At Media Play tonight, we bore witness to a harried mother trying to drag her son--I'll guess he was about 6 or 7 years old--away from the playing with the PlayStation 2. After the mom peeled her kid away from the game demo, I happened to glance down at the game that was in the console. They were demoing NanoBreaker by Konami. I cannot speak to the content of NanoBreaker, as I have not personally played it; however, the story is apparently that you are a cyborg fighter trying to slay the nanomachines that harvest human blood. The game is rated M (Mature), a rating roughly analogous to an R rating for a movie. In the words of the ESRB, "content may be suitable for persons ages 17 and older." Content descriptors for NanoBreaker indicate that the M rating is for blood and gore and violence. If the screenshots with that link are any indication, they're not just blowing smoke.
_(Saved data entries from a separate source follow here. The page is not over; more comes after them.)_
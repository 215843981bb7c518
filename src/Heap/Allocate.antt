-- ===== src/Heap/Allocate.antt =====
-- kernel/heap.c: growing the heap, and the search for a block to give out.
-- The heap grows by pages that `vmm_map` maps to frames of the page allocator.
use rastapopoulos.Base.{
  List, Option, Outcome, [], assert, assertion_failed, bit_or, endless, fail, if◌then◌else◌, leb,
  ltb, none, ok, some, suc, undefined, zero, ℕ, ◌&&◌, ◌*◌, ◌++◌, ◌+◌, ◌/◌, ◌==◌, ◌>>=◌, ◌>>◌, ◌^◌,
  ◌∷◌,
}
use rastapopoulos.Base.Words.{align, is_aligned, sub32, u32}
use rastapopoulos.Heap.{
  Block, Heap, block_header, create_block, heap_is_free, heap_lock, heap_unlock, is_valid_block,
  magic_allocated, merge_blocks, set_allocated, set_free, write_canary,
}
use rastapopoulos.Pmm.{alloc, invalid_frame, page_size, reserve}
use rastapopoulos.Vmm.{Memory, page_present, page_writable, vmm_map}
use rastapopoulos.Vmm.Found.{found}

abbrev pub kernel_base_addr : ℕ
kernel_base_addr = 0xC0000000

-- `heap_grow` at the last block: a new block behind it, joined with it if it is free. `last_block`
-- asserts each block that it passes.
unfoldable pub extend : List Block → ℕ → Outcome (List Block)
extend [] allocated_bytes = fail assertion_failed
extend (last ∷ []) allocated_bytes = do
  last_free ← heap_is_free last
  let new_header = create_block (u32 (last.address + last.size)) allocated_bytes
  (if last_free
      then (merge_blocks last new_header >>= λ joined. ok (joined ∷ []))
      else ok (last ∷ new_header ∷ []))
extend (h ∷ next ∷ blocks) allocated_bytes =
    assert (is_valid_block h)
    >> (extend (next ∷ blocks) allocated_bytes >>= λ grown. ok (h ∷ grown))

unfoldable pub end_of_heap : List Block → Outcome ℕ
end_of_heap [] = fail assertion_failed
end_of_heap (last ∷ []) = ok (u32 (last.address + last.size))
end_of_heap (h ∷ next ∷ blocks) = assert (is_valid_block h) >> end_of_heap (next ∷ blocks)

-- What the loop does for one page: none if there is no frame for it.
unfoldable pub back_page : ℕ → Memory → Outcome (Option Memory)
back_page page m =
    if m.is_paging
    then (do
      (frame, regions) ← alloc m.regions
      (if frame == invalid_frame
          then ok none
          else (vmm_map page frame (bit_or page_present page_writable)
                (record m { regions = regions })
              >>= λ m'. ok (some m'))))
    else if m.is_pmm_initialized
    then (reserve m.regions (sub32 page kernel_base_addr) >>= λ regions.
        ok (some (record m { regions = regions })))
    else ok (some m)

-- The rounds of the loop that are left, the page, and the size of the heap; the results are the
-- bytes by which it grew and the memory.
unfoldable pub grow_pages : ℕ → ℕ → ℕ → ℕ → Memory → Outcome (ℕ × Memory)
grow_pages zero page size max_size m = ok (0, m)
grow_pages (suc left) page size max_size m =
    let grown = back_page page m >>= λ backed. elim backed [
      | none ↦ ok (0, m)
      | some m' ↦
          grow_pages left (page + page_size) (u32 (size + page_size)) max_size m'
          >>= λ (allocated_bytes, last). ok (page_size + allocated_bytes, last)
    ] in
    if leb max_size size then ok (0, m) else grown

-- The rounds of `for(page = end_of_heap; page < end_of_heap + size; page += PAGE_SIZE)`.
unfoldable pub pages_between : ℕ → ℕ → Outcome ℕ
pages_between end size = if ltb (2 ^ 32) (end + size) then fail undefined else ok (size / page_size)

-- `heap_grow`: none if not one page could be had.
unfoldable pub heap_grow : Heap → ℕ → Memory → Outcome (Option Heap × Memory)
heap_grow s bytes m = do
  let size = align bytes page_size
  page ← end_of_heap s.blocks
  assert (is_aligned page page_size)
  rounds ← pages_between page size
  (allocated_bytes, m') ← grow_pages rounds page s.heap_size s.max_size m
  (if allocated_bytes == 0
      then ok (none, m')
      else (extend s.blocks allocated_bytes >>= λ blocks. ok (
        some (record s { blocks = blocks; heap_size = u32 (s.heap_size + allocated_bytes) }),
        m',
      )))

-- A block whose data begin aligned: its front is given out, and the rest if it is too small to be a
-- block. The result has the blocks that take the place of `h`, and the one that is given out.
unfoldable pub fit_at_start : Block → ℕ → Outcome (Option (List Block × Block))
fit_at_start h size =
    let remaining = sub32 (sub32 h.size block_header) size in
    let split = (do
      let new_block = create_block (u32 (h.address + size + block_header)) remaining
      given ← set_allocated (record h { size = u32 (block_header + size) })
      assert (u32 (new_block.size + given.size) == h.size)
      ok (some (given ∷ new_block ∷ [], given))) in
    let whole = set_allocated h >>= λ given. ok (some (given ∷ [], given)) in
    if ltb h.size (u32 (block_header + size))
    then ok none
    else if ltb block_header remaining
    then split
    else whole

-- `while(data1 - header0 < sizeof(struct heap_block_header) * 2) data1 += alignment`
unfoldable pub push_data : ℕ → ℕ → ℕ → ℕ → Outcome ℕ
push_data zero header0 alignment data1 = fail endless
push_data (suc rounds) header0 alignment data1 =
    let next = push_data rounds header0 alignment (u32 (data1 + alignment)) in
    if ltb (sub32 data1 header0) (block_header * 2) then next else ok data1

-- The rest of a block that is given out behind a free front: `h2`, and a block `h3` if it is too long.
unfoldable pub cut_rest : Block → Block → ℕ → ℕ → Outcome (Option (List Block × Block))
cut_rest h h2 size total_size =
    let cut = (do
      let size3 = sub32 (sub32 h2.size size) block_header
      h3 ← set_free (create_block (u32 (h2.address + size + block_header)) size3)
      given ← set_allocated (record h2 { size = u32 (size + block_header) })
      assert (u32 (h.size + given.size + h3.size) == total_size)
      ok (some (h ∷ given ∷ h3 ∷ [], given))) in
    let whole = set_allocated h2 >>= λ given. ok (some (h ∷ given ∷ [], given)) in
    if ltb (u32 (size + block_header * 2)) h2.size then cut else whole

unfoldable pub fit_behind : Block → ℕ → ℕ → Outcome (Option (List Block × Block))
fit_behind h size header1 =
    let fits = (do
      front ← set_free (record h { size = sub32 header1 h.address })
      let h2 = create_block header1 (sub32 h.size front.size)
      assert (u32 (front.size + h2.size) == h.size)
      cut_rest front h2 size h.size) in
    if ltb (u32 (block_header * 2 + size)) h.size then fits else ok none

-- An alignment of one byte or more needs 31 rounds at most.
unfoldable pub fit : Block → ℕ → ℕ → Outcome (Option (List Block × Block))
fit h size alignment =
    let data1 = align (u32 (h.address + block_header)) alignment in
    let behind = (do
      pushed ← push_data 32 h.address alignment data1
      fit_behind h size (sub32 pushed block_header)) in
    if data1 == u32 (h.address + block_header) then fit_at_start h size else behind

abbrev pub walked_past : Block → Option (List Block × Block) → Option (List Block × Block)
walked_past h none = none
walked_past h (some (parts, given)) = some (h ∷ parts, given)

-- The walk over the list of blocks, for the first that fits.
unfoldable pub walk : List Block → ℕ → ℕ → Outcome (Option (List Block × Block))
walk [] size alignment = ok none
walk (h ∷ blocks) size alignment = do
  h_free ← heap_is_free h
  found ← (if h_free && leb size (sub32 h.size block_header) then fit h size alignment else ok none)
  elim found [
    | some (parts, given) ↦ ok (some (parts ++ blocks, given))
    | none ↦ walk blocks size alignment >>= λ later. ok (walked_past h later)
  ]

-- The loop around the walk, with the number of rounds left: each but the last adds a page.
unfoldable pub alloc_loop : ℕ → Heap → ℕ → ℕ → Memory → Outcome (Option Block × Heap × Memory)
alloc_loop zero s size alignment m = fail endless
alloc_loop (suc rounds) s size alignment m = do
  found ← walk s.blocks size alignment
  elim found [
    | some (blocks, given) ↦ write_canary s.words given >>= λ words.
        ok (some given, record s { blocks = blocks; words = words }, m)
    | none ↦ heap_grow s size m >>= λ (grown, m'). elim grown [
      | none ↦ ok (none, s, m')
      | some s' ↦ alloc_loop rounds s' size alignment m'
    ]
  ]

unfoldable pub heap_alloc_block_aligned :
    ℕ → Heap → ℕ → ℕ → Memory → Outcome (Option Block × Heap × Memory)
heap_alloc_block_aligned rounds s size alignment m = do
  locked ← heap_lock s
  (given, after, m') ← alloc_loop rounds locked (u32 (size + 8)) alignment m
  unlocked ← heap_unlock after
  ok (given, unlocked, m')

-- `hdr->magic` is read when there is no block, too.
unfoldable pub heap_alloc_aligned : ℕ → Heap → ℕ → ℕ → Memory → Outcome (ℕ × Heap × Memory)
heap_alloc_aligned rounds s size alignment m = do
  (hdr, after, m') ← heap_alloc_block_aligned rounds s size alignment m
  elim hdr [
    | none ↦ fail undefined
    | some h ↦ assert (h.magic == magic_allocated) >> ok (u32 (h.address + block_header), after, m')
  ]

unfoldable pub heap_alloc : ℕ → Heap → ℕ → Memory → Outcome (ℕ × Heap × Memory)
heap_alloc rounds s size m = heap_alloc_aligned rounds s size 8 m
Now, I am all for letting video game developers (and movie producers, etc.) create products with as much blood, gore and violence as they deem necessary. Game developers will put out games they think they can sell, and there are people who enjoy a good polygon hack-and-slash. People are free to not purchase those games that they find objectionable. However, on purely a practical level, stores are getting sued for selling M-rated games to 16-year-olds. Wouldn't someone think that having an M-rated game playing in the demo consoles where any unsupervised 5-year-old can pony up to the controller might just be a bad idea?
1 comment:
If a child that young is unsupervised in a public place, I would say a video game is the least of the parent's problems. Can we say amber alert?